Ils étaient trois dans le véhicule qui transportait 420 kg de résine de cannabis. Ce qui n’était vraiment pas prudent.

Normalement le véhicule qui transporte la drogue ne contient qu’une seule personne. En cas d’arrestation, il n’y a qu’un seul membre de la bande qui tombe. La voiture « ouvreuse », celle qui passe devant afin de vérifier si la route est libre, n’a pas dû remarquer le barrage du Perthus. Où alors, le conducteur de la voiture chargée à bloc était trop proche et n’a pas pu être prévenue à temps par le conducteur de la voiture ouvreuse, qui reste toujours en contact téléphonique. Ce sont les gendarmes de la section de recherche de Versailles qui ont réussit ce coup de filet. La bande devait être sous-surveillance ce qui explique la présence de gendarmes versaillais sur les lieux. Les trois prévenus, après avoir passé 72 heures en garde à vue, seront acheminés vers Versailles pour y être jugés. Depuis le début de l’année plus d’une dizaine de « go-fast », transportant chaque fois plusieurs centaines de kilos de cannabis, ont été interceptés en France. Venant d’Espagne ou de pays nordiques. Ce sont ainsi, 18 tonnes de cannabis qui ont pu être soustraites du marché. Combien ont réussi à passer ? Le terme, Go-Fast, est un anglicisme qui vient d’une technique appliquée par des embarcations très puissantes et rapides appelées go-fast boats aux Etats-Unis.
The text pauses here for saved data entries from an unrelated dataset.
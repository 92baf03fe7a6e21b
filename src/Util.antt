-- ===== src/Util.antt =====
-- pkg/util: helpers of the reconcilers.
pub mod Gvk
pub mod RateLimit
pub mod Kubeconfig
pub mod Provision
pub mod ReaderSecret
pub mod Template
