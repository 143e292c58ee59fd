-- ===== src/Avs/Limits.antt =====
-- The voltage limits that avs.c sets.
use mox_boot_builder.Prelude.{ℕ, ◌+◌, ◌*◌, ◌/◌, ◌%◌, ◌^◌, ◌-◌, ◌&&◌, ltb, leb, if◌then◌else◌}

-- The fuse of a speed in MHz: six bits for each, from 1200 MHz down in steps of 200.
abbrev pub fuse : ℕ → ℕ → ℕ
fuse speed otp1 = otp1 / 2 ^ ((1200 - speed) / 200 * 6) % 2 ^ 6

-- The voltage without a fuse.
abbrev pub default_vdd : ℕ → ℕ
default_vdd speed = 0x1f + (speed - 800) / 200 * 4

-- The voltage for a speed: the fuse's, counted from 0xd, if the chip has revision 2 or later, the
-- fuse is burned, and six bits are enough.
unfoldable pub voltage : ℕ → ℕ → ℕ → ℕ
voltage speed otp0 otp1 =
    if leb 2 (otp0 / 2 ^ 8 % 2 ^ 4) && (ltb 0 (fuse speed otp1) && leb (fuse speed otp1 + 0xd) 0x3f)
    then fuse speed otp1 + 0xd
    else default_vdd speed
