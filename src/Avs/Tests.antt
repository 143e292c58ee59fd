-- ===== src/Avs/Tests.antt =====
-- avs.c at a concrete register.
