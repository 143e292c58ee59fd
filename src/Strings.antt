-- ===== src/Strings.antt =====
-- wtmi/string.c. `mem` is the memory as bytes, and pointers are places in it; a C string is the
-- list of its characters, with the terminating NUL behind the last one.
pub mod Copy
pub mod Compare
mod Tests
use mox_boot_builder.Prelude.{
  ℕ, zero, suc, ◌+◌, ◌-◌, ◌%◌, Bool, true, false, ◌&&◌, ◌||◌, Option, none, some, List, [], ◌∷◌,
  ◌==◌, ◌!=◌, ltb, leb, if◌then◌else◌, get_or, set,
}
use mox_boot_builder.Bits.{u8}

-- `negsuc n` is -(n + 1).
pub data ℤ : Type 0 where
  pos : ℕ → ℤ
  negsuc : ℕ → ℤ

-- `a - b` of two characters, as an `int`
abbrev pub sub_ℕ : ℕ → ℕ → ℤ
sub_ℕ a b = if leb b a then pos (a - b) else negsuc (b - a - 1)

-- A comparison that gave 0.
abbrev pub is_same : ℤ → Bool
is_same (pos zero) = true
is_same r = false

abbrev pub Memory : Type 0
Memory = List ℕ

unfoldable pub memset : ℕ → ℕ → ℕ → Memory → Memory
memset zero dest c mem = mem
memset (suc n) dest c mem = memset n (dest + 1) c (set mem dest (u8 c))

unfoldable pub bzero : ℕ → ℕ → Memory → Memory
bzero zero dest mem = mem
bzero (suc n) dest mem = bzero n (dest + 1) (set mem dest 0)

-- `memcpy`: the number of bytes, the destination, the source.
unfoldable pub memcpy : ℕ → ℕ → ℕ → Memory → Memory
memcpy zero d s mem = mem
memcpy (suc n) d s mem = memcpy n (d + 1) (s + 1) (set mem d (get_or mem s 0))

-- `memcpy(&mem[i], src, n)`, `src` being the n bytes, which stand elsewhere.
unfoldable pub store : List ℕ → ℕ → Memory → Memory
store [] i mem = mem
store (b ∷ src) i mem = store src (i + 1) (set mem i b)

-- `while (d > e) *d-- = *s--;` with `n` rounds left.
unfoldable pub copy_down : ℕ → ℕ → ℕ → Memory → Memory
copy_down zero d s mem = mem
copy_down (suc n) d s mem = copy_down n (d - 1) (s - 1) (set mem d (get_or mem s 0))

unfoldable pub memmove : ℕ → ℕ → ℕ → Memory → Memory
memmove n dest src mem =
    if dest == src
    then mem
    else if ltb dest src || leb (src + n) dest
    then memcpy n dest src mem
    else copy_down n (dest + n) (src + n) mem

-- The difference of two bytes as an `s8`, a bit pattern below 256.
unfoldable pub memcmp : ℕ → List ℕ → List ℕ → ℕ
memcmp zero p1 p2 = 0
memcmp (suc n) [] p2 = 0
memcmp (suc n) (a ∷ p1) [] = 0
memcmp (suc n) (a ∷ p1) (b ∷ p2) =
    let d = (a + 256 - b) % 256 in let rest = memcmp n p1 p2 in if d != 0 then d else rest

-- `memchr`: where the byte is, from the start of the buffer.
unfoldable pub memchr : ℕ → ℕ → List ℕ → Option ℕ
memchr zero c s = none
memchr (suc n) c [] = none
memchr (suc n) c (x ∷ s) = elim (x == c) [
  | true ↦ some 0
  | false ↦ elim (memchr n c s) [ none ↦ none | some k ↦ some (k + 1) ]
]

unfoldable pub strcmp : List ℕ → List ℕ → ℤ
strcmp [] [] = pos 0
strcmp [] (b ∷ ys) = sub_ℕ 0 b
strcmp (a ∷ xs) [] = sub_ℕ a 0
strcmp (a ∷ xs) (b ∷ ys) = let rest = strcmp xs ys in if a == b then rest else sub_ℕ a b

unfoldable pub strncmp : ℕ → List ℕ → List ℕ → ℤ
strncmp zero xs ys = pos 0
strncmp (suc n) [] [] = pos 0
strncmp (suc n) [] (b ∷ ys) = sub_ℕ 0 b
strncmp (suc n) (a ∷ xs) [] = sub_ℕ a 0
strncmp (suc n) (a ∷ xs) (b ∷ ys) = let rest = strncmp n xs ys in if a == b then rest else sub_ℕ a b

unfoldable pub strlen : List ℕ → ℕ
strlen [] = 0
strlen (c ∷ s) = strlen s + 1

-- `strnlen`; the test of the character comes before the test of `n`.
unfoldable pub strnlen : List ℕ → ℕ → ℕ
strnlen [] n = 0
strnlen (c ∷ s) zero = 0
strnlen (c ∷ s) (suc n) = strnlen s n + 1
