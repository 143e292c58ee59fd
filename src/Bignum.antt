-- ===== src/Bignum.antt =====
-- wtmi/crypto.c: numbers of several 32-bit words, the lowest word first. An array is a list of its
-- words.
pub mod Value
pub mod Sum
pub mod Compare
pub mod Modulo
mod Tests
use mox_boot_builder.Prelude.{
  ℕ, zero, suc, ◌+◌, ◌-◌, ◌^◌, Bool, true, false, ◌&&◌, ◌||◌, Option, none, some, List, [], ◌∷◌,
  ltb, leb, ◌==◌, if◌then◌else◌, get_or, replicate,
}
use mox_boot_builder.Bits.{u32, sub32}
use mox_boot_builder.Strings.{ℤ, pos, negsuc}

-- `bn_from_u32`: a single word, in seventeen.
unfoldable pub bn_from_u32 : ℕ → List ℕ
bn_from_u32 src = src ∷ replicate 16 0

-- The loop of `bn_cmp` over the words below place `i`, from the highest down.
unfoldable pub cmp_below : ℕ → List ℕ → List ℕ → ℤ
cmp_below zero a b = pos 0
cmp_below (suc i) a b =
    let rest = cmp_below i a b in
    if ltb (get_or a i 0) (get_or b i 0)
    then negsuc 0
    else if ltb (get_or b i 0) (get_or a i 0)
    then pos 1
    else rest

-- `bn_cmp`
unfoldable pub bn_cmp : List ℕ → List ℕ → ℤ
unfolding cmp_below
bn_cmp a b = cmp_below 17 a b

-- `bn_cmp(a, b) < 0`
abbrev pub is_negative : ℤ → Bool
is_negative (pos n) = false
is_negative (negsuc n) = true

-- `bn_is_zero`, over the words that the list holds.
unfoldable pub bn_is_zero : List ℕ → Bool
bn_is_zero [] = true
bn_is_zero (w ∷ ws) = w == 0 && bn_is_zero ws

-- `c1 || c2`, where each is 1 if an addition overflowed: the two additions of one round.
abbrev pub carry_of : ℕ → ℕ → ℕ → ℕ
carry_of d s c = if leb (2 ^ 32) (d + c) || leb (2 ^ 32) (u32 (d + c) + s) then 1 else 0

-- The loop of `bn_add` and `bn_addmod`, with the carry so far: the sum's words and the last carry.
unfoldable pub add_words : ℕ → List ℕ → List ℕ → List ℕ × ℕ
add_words c [] src = ([], c)
add_words c (d ∷ dst) [] = ([], c)
add_words c (d ∷ dst) (s ∷ src) =
    let (ws, last) = add_words (carry_of d s c) dst src in (u32 (u32 (d + c) + s) ∷ ws, last)

-- `bn_add`, for arrays of the same length `len`
unfoldable pub bn_add : List ℕ → List ℕ → List ℕ × ℕ
unfolding add_words
bn_add dst src = add_words 0 dst src

-- The same of the two subtractions of a round of `bn_modulo`.
abbrev pub borrow_of : ℕ → ℕ → ℕ → ℕ
borrow_of d m c = if ltb d m || ltb (sub32 d m) c then 1 else 0

-- The loop of `bn_modulo` that subtracts the modulus once.
unfoldable pub sub_words : ℕ → List ℕ → List ℕ → List ℕ × ℕ
sub_words c [] m = ([], c)
sub_words c (d ∷ dst) [] = ([], c)
sub_words c (d ∷ dst) (w ∷ m) =
    let (ws, last) = sub_words (borrow_of d w c) dst m in (sub32 (sub32 d w) c ∷ ws, last)

-- `bn_modulo`: `none` is fuel that ran out.
unfoldable pub bn_modulo : ℕ → List ℕ → List ℕ → Option (List ℕ)
unfolding bn_cmp sub_words
bn_modulo zero dst m = none
bn_modulo (suc fuel) dst m =
    let rest = bn_modulo fuel (sub_words 0 dst m).0 m in
    if is_negative (bn_cmp dst m) then some dst else rest

-- `bn_addmod`
unfoldable pub bn_addmod : ℕ → List ℕ → List ℕ → List ℕ → Option (List ℕ)
unfolding bn_add bn_modulo
bn_addmod fuel dst src m = bn_modulo fuel (add_words 0 dst src).0 m
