-- ===== src/Bignum/Value.antt =====
-- The number that an array of words stands for.
use mox_boot_builder.Prelude.{ℕ, zero, suc, ◌+◌, ◌*◌, ◌^◌, ◌<◌, arith, List, [], ◌∷◌, length}

abbrev pub value : List ℕ → ℕ
value [] = 0
value (w ∷ ws) = w + 2 ^ 32 * value ws

-- The first number that does not fit in `n` words.
abbrev pub scale : ℕ → ℕ
scale zero = 1
scale (suc n) = 2 ^ 32 * scale n

abbrev pub AllWords : List ℕ → Type 0
AllWords [] = Unit
AllWords (w ∷ ws) = (w < 2 ^ 32) × AllWords ws

pub value-lt-scale : (ws : List ℕ) → AllWords ws → value ws < scale (length ws)
value-lt-scale [] h = omega arith
value-lt-scale (w ∷ ws) h = omega (arith, value-lt-scale ws h.1)
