-- ===== src/Bignum/Compare.antt =====
-- `bn_cmp` of crypto.c orders arrays of words as the numbers that they stand for.
use mox_boot_builder.Prelude.{
  ℕ, zero, suc, ◌+◌, ◌*◌, ◌^◌, ◌<◌, ◌≡◌, refl, ap, ◌∙◌, arith, List, [], ◌∷◌, length, ltb,
  if◌then◌else◌,
}
use mox_boot_builder.Strings.{ℤ, pos, negsuc}
use mox_boot_builder.Bignum.{cmp_below, bn_cmp}
use mox_boot_builder.Bignum.Value.{value, AllWords}

-- -1, 0 or 1, as the first number is less than, equal to or greater than the second.
abbrev pub order_of : ℕ → ℕ → ℤ
order_of x y = if ltb x y then negsuc 0 else if ltb y x then pos 1 else pos 0

-- The lowest words decide only if all others are equal.
abbrev with_lowest : ℕ → ℕ → ℤ → ℤ
with_lowest a b (pos zero) = order_of a b
with_lowest a b (pos (suc n)) = pos (suc n)
with_lowest a b (negsuc n) = negsuc n

cmp_below-cons :
    (n a b : ℕ) (xs ys : List ℕ)
    → cmp_below (suc n) (a ∷ xs) (b ∷ ys) ≡ with_lowest a b (cmp_below n xs ys)
unfolding cmp_below
cmp_below-cons zero a b xs ys = refl
cmp_below-cons (suc n) a b xs ys = ground (arith, cmp_below-cons n a b xs ys)

order_of-cons :
    (a b v w : ℕ)
    → a < 2 ^ 32
    → b < 2 ^ 32
    → with_lowest a b (order_of v w) ≡ order_of (a + 2 ^ 32 * v) (b + 2 ^ 32 * w)
order_of-cons a b v w ha hb = ground arith

cmp_below_lem :
    (n : ℕ) (xs ys : List ℕ)
    → AllWords xs
    → AllWords ys
    → length xs ≡ n
    → length ys ≡ n
    → cmp_below n xs ys ≡ order_of (value xs) (value ys)
unfolding cmp_below
cmp_below_lem zero [] [] ha hb la lb = refl
cmp_below_lem zero (a ∷ xs) ys ha hb la lb = absurd (omega arith)
cmp_below_lem zero [] (b ∷ ys) ha hb la lb = absurd (omega arith)
cmp_below_lem (suc n) [] ys ha hb la lb = absurd (omega arith)
cmp_below_lem (suc n) (a ∷ xs) [] ha hb la lb = absurd (omega arith)
cmp_below_lem (suc n) (a ∷ xs) (b ∷ ys) ha hb la lb =
    let rest = cmp_below_lem n xs ys ha.1 hb.1 (omega arith) (omega arith) in
    cmp_below-cons n a b xs ys
    ∙ ap (with_lowest a b) rest
    ∙ order_of-cons a b (value xs) (value ys) ha.0 hb.0

-- On arrays of seventeen words, `bn_cmp` is the comparison of the numbers: -1, 0 or 1.
pub bn_cmp-order :
    (a b : List ℕ)
    → AllWords a
    → AllWords b
    → length a ≡ 17
    → length b ≡ 17
    → bn_cmp a b ≡ order_of (value a) (value b)
unfolding bn_cmp
bn_cmp-order a b = cmp_below_lem 17 a b
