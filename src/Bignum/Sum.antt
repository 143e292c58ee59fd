-- ===== src/Bignum/Sum.antt =====
-- `bn_add` of crypto.c adds, and its carry is the carry of the sum.
use mox_boot_builder.Prelude.{
  ℕ, suc, ◌+◌, ◌*◌, ◌^◌, ◌≤◌, ◌<◌, ◌≡◌, ap, arith, List, [], ◌∷◌, length,
}
use mox_boot_builder.Bits.{u32}
use mox_boot_builder.Bignum.{add_words, bn_add, carry_of}
use mox_boot_builder.Bignum.Value.{value, scale, AllWords}

-- One round: the word and the carry are those of the sum of three.
add_round :
    (d s c : ℕ)
    → d < 2 ^ 32
    → s < 2 ^ 32
    → c ≤ 1
    → (u32 (u32 (d + c) + s) + 2 ^ 32 * carry_of d s c ≡ d + s + c) × (carry_of d s c ≤ 1)
add_round d s c hd hs hc = ground arith

-- The sum of arrays of the same length.
pub record IsSum (c : ℕ) (dst src : List ℕ) (r : List ℕ × ℕ) : Type 0 where
  pub sum : value r.0 + scale (length dst) * r.1 ≡ value dst + value src + c
  pub words : AllWords r.0
  pub size : length r.0 ≡ length dst
  pub carry : r.1 ≤ 1

pub add_words-IsSum :
    (c : ℕ) (dst src : List ℕ)
    → AllWords dst
    → AllWords src
    → length dst ≡ length src
    → c ≤ 1
    → IsSum c dst src (add_words c dst src)
unfolding add_words
add_words-IsSum c [] [] hd hs e k = omega arith
add_words-IsSum c [] (s ∷ src) hd hs e k = absurd (omega arith)
add_words-IsSum c (d ∷ dst) [] hd hs e k = absurd (omega arith)
add_words-IsSum c (d ∷ dst) (s ∷ src) hd hs e k =
    let round = add_round d s c hd.0 hs.0 k in
    let rest = add_words-IsSum (carry_of d s c) dst src hd.1 hs.1 (omega arith) round.1 in
    record {
      sum = omega (arith, round.0, ap (λ (t : ℕ). 2 ^ 32 * t) rest.sum);
      words = (omega arith, rest.words);
      size = ap suc rest.size;
      carry = rest.carry;
    }

-- `bn_add` is the addition of the numbers that two arrays of the same length stand for: it stores
-- the sum, and returns the carry out of the last word, 0 or 1.
pub bn_add_lem :
    (dst src : List ℕ)
    → AllWords dst
    → AllWords src
    → length dst ≡ length src
    → let r = bn_add dst src in
      (value r.0 + scale (length dst) * r.1 ≡ value dst + value src)
      × (r.1 ≤ 1)
      × AllWords r.0
      × (length r.0 ≡ length dst)
unfolding bn_add
bn_add_lem dst src hd hs e =
    let r = add_words-IsSum 0 dst src hd hs e (omega arith) in
    (omega (arith, r.sum), r.carry, r.words, r.size)
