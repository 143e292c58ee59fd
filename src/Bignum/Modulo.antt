-- ===== src/Bignum/Modulo.antt =====
-- `bn_modulo` and `bn_addmod` of crypto.c end, and reduce.
use native.Mathlib.Nat.{mod-eq_of_lt, mod-eq-sub-mod}
use mox_boot_builder.Prelude.{
  ℕ, zero, suc, ◌+◌, ◌-◌, ◌*◌, ◌%◌, ◌^◌, ◌≤◌, ◌<◌, ◌≡◌, refl, subst, ◌⊎◌, ap, ◌∙◌, sym, arith, List,
  [], ◌∷◌, length, ltb, Bool-cases, inl, inr, Option, some,
}
use mox_boot_builder.Bits.{sub32}
use mox_boot_builder.Bignum.{
  sub_words, borrow_of, bn_cmp, is_negative, add_words, bn_modulo, bn_addmod,
}
use mox_boot_builder.Bignum.Value.{value, scale, AllWords, value-lt-scale}
use mox_boot_builder.Bignum.Sum.{add_words-IsSum}
use mox_boot_builder.Bignum.Compare.{order_of, bn_cmp-order}

sub_round :
    (d m c : ℕ)
    → d < 2 ^ 32
    → m < 2 ^ 32
    → c ≤ 1
    → (sub32 (sub32 d m) c + m + c ≡ d + 2 ^ 32 * borrow_of d m c)
      × (borrow_of d m c ≤ 1)
      × (sub32 (sub32 d m) c < 2 ^ 32)
sub_round d m c hd hm hc = ground arith

pub record IsDifference (c : ℕ) (dst m : List ℕ) (r : List ℕ × ℕ) : Type 0 where
  pub sum : value r.0 + value m + c ≡ value dst + scale (length dst) * r.1
  pub words : AllWords r.0
  pub size : length r.0 ≡ length dst
  pub borrow : r.1 ≤ 1

sub_words-IsDifference :
    (c : ℕ) (dst m : List ℕ)
    → AllWords dst
    → AllWords m
    → length dst ≡ length m
    → c ≤ 1
    → IsDifference c dst m (sub_words c dst m)
unfolding sub_words
sub_words-IsDifference c [] [] hd hm e k = omega arith
sub_words-IsDifference c [] (w ∷ m) hd hm e k = absurd (omega arith)
sub_words-IsDifference c (d ∷ dst) [] hd hm e k = absurd (omega arith)
sub_words-IsDifference c (d ∷ dst) (w ∷ m) hd hm e k =
    let round = sub_round d w c hd.0 hm.0 k in
    let rest = sub_words-IsDifference (borrow_of d w c) dst m hd.1 hm.1 (omega arith) round.1 in
    record {
      sum = omega (arith, round.0, ap (λ (t : ℕ). 2 ^ 32 * t) rest.sum);
      words = (round.2, rest.words);
      size = ap suc rest.size;
      borrow = rest.borrow;
    }

-- Subtracting a number that is not greater.
subtracts :
    (dst m : List ℕ)
    → AllWords dst
    → AllWords m
    → length dst ≡ length m
    → value m ≤ value dst
    → (value (sub_words 0 dst m).0 ≡ value dst - value m)
      × AllWords (sub_words 0 dst m).0
      × (length (sub_words 0 dst m).0 ≡ length dst)
subtracts dst m hd hm e le =
    let r = sub_words-IsDifference 0 dst m hd hm e (omega arith) in
    let out = (sub_words 0 dst m).0 in
    let bound : value out < scale (length dst) =
      subst (λ n. value out < scale n) r.size (value-lt-scale out r.words) in
    let none_left : (sub_words 0 dst m).1 ≡ 0 = elim (zero_or_one (sub_words 0 dst m).1 r.borrow) [
      | inl z ↦ z
      | inr o ↦ absurd (omega (arith, r.sum, bound, ap (λ (t : ℕ). scale (length dst) * t) o))
    ] in
    (omega (arith, r.sum, ap (λ (t : ℕ). scale (length dst) * t) none_left), r.words, r.size)
  where
    zero_or_one : (n : ℕ) → n ≤ 1 → (n ≡ 0) ⊎ (n ≡ 1)
    zero_or_one n h = omega arith

pub negative-order : (x y : ℕ) → is_negative (order_of x y) ≡ ltb x y
negative-order x y = ground arith

-- What a reduction leaves.
abbrev pub Reduces : ℕ → List ℕ → Option (List ℕ) → Type 0
Reduces x m r =
    (out : List ℕ) × (r ≡ some out) × (value out ≡ x % value m) × AllWords out × (length out ≡ 17)

bn_modulo-Reduces :
    (fuel : ℕ) (dst m : List ℕ)
    → AllWords dst
    → AllWords m
    → length dst ≡ 17
    → length m ≡ 17
    → value dst < fuel * value m
    → Reduces (value dst) m (bn_modulo fuel dst m)
unfolding bn_modulo
bn_modulo-Reduces zero dst m hd hm ld lm h = absurd (omega arith)
bn_modulo-Reduces (suc fuel) dst m hd hm ld lm h =
    let test : is_negative (bn_cmp dst m) ≡ ltb (value dst) (value m) =
      ap is_negative (bn_cmp-order dst m hd hm ld lm) ∙ negative-order (value dst) (value m) in
    elim (Bool-cases (ltb (value dst) (value m))) [
      | inl less ↦
          let lt : value dst < value m = ground arith in
          rw (test, less) (dst, refl, sym (mod-eq_of_lt lt), hd, ld)
      | inr other ↦
          let le : value m ≤ value dst = ground arith in
          let s = subtracts dst m hd hm (ld ∙ sym lm) le in
          let enough : value dst - value m < fuel * value m = grind arith in
          let (out, p, v, w, l) =
            bn_modulo-Reduces fuel (sub_words 0 dst m).0 m s.1 hm (s.2 ∙ ld) lm (rw s.0 enough) in
          rw (test, other)
            (out, p, v ∙ ap (λ (t : ℕ). t % value m) s.0 ∙ sym (mod-eq-sub-mod le), w, l)
    ]

-- `bn_addmod` ends and stores the sum modulo the modulus, for arrays of seventeen words, a modulus
-- that is not 0 and a sum that fits: one round of subtraction more than the quotient is enough.
pub bn_addmod_lem :
    (fuel : ℕ) (dst src m : List ℕ)
    → AllWords dst
    → AllWords src
    → AllWords m
    → length dst ≡ 17
    → length src ≡ 17
    → length m ≡ 17
    → value dst + value src < scale 17
    → value dst + value src < fuel * value m
    → (out : List ℕ) × (bn_addmod fuel dst src m ≡ some out)
      × (value out ≡ (value dst + value src) % value m)
      × AllWords out
      × (length out ≡ 17)
unfolding bn_addmod
bn_addmod_lem fuel dst src m hd hs hm ld ls lm fits h =
    let r = add_words-IsSum 0 dst src hd hs (ld ∙ sym ls) (omega arith) in
    let sum = add_words 0 dst src in
    let width : scale (length dst) * sum.1 ≡ scale 17 * sum.1 =
      ap (λ (n : ℕ). scale n * sum.1) ld in
    let exact : value sum.0 ≡ value dst + value src = omega (arith, r.sum, width, r.carry, fits) in
    let (out, p, v, w, l) =
      bn_modulo-Reduces fuel sum.0 m r.words hm (r.size ∙ ld) lm (omega (arith, exact, h)) in
    (out, p, v ∙ ap (λ (t : ℕ). t % value m) exact, w, l)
Des bateaux souvent équipées de plusieurs moteurs, pour acheminer vite et discrètement la cocaïne d’Amérique du Sud vers les États-Unis. La technique s’est aujourd’hui développée en Europe, pour acheminer très vite et par autoroute, la résine de cannabis en provenance d’Afrique du Nord ou des pays nordiques, mais aussi des cigarettes de contrebande, voire du trafic d’êtres humains.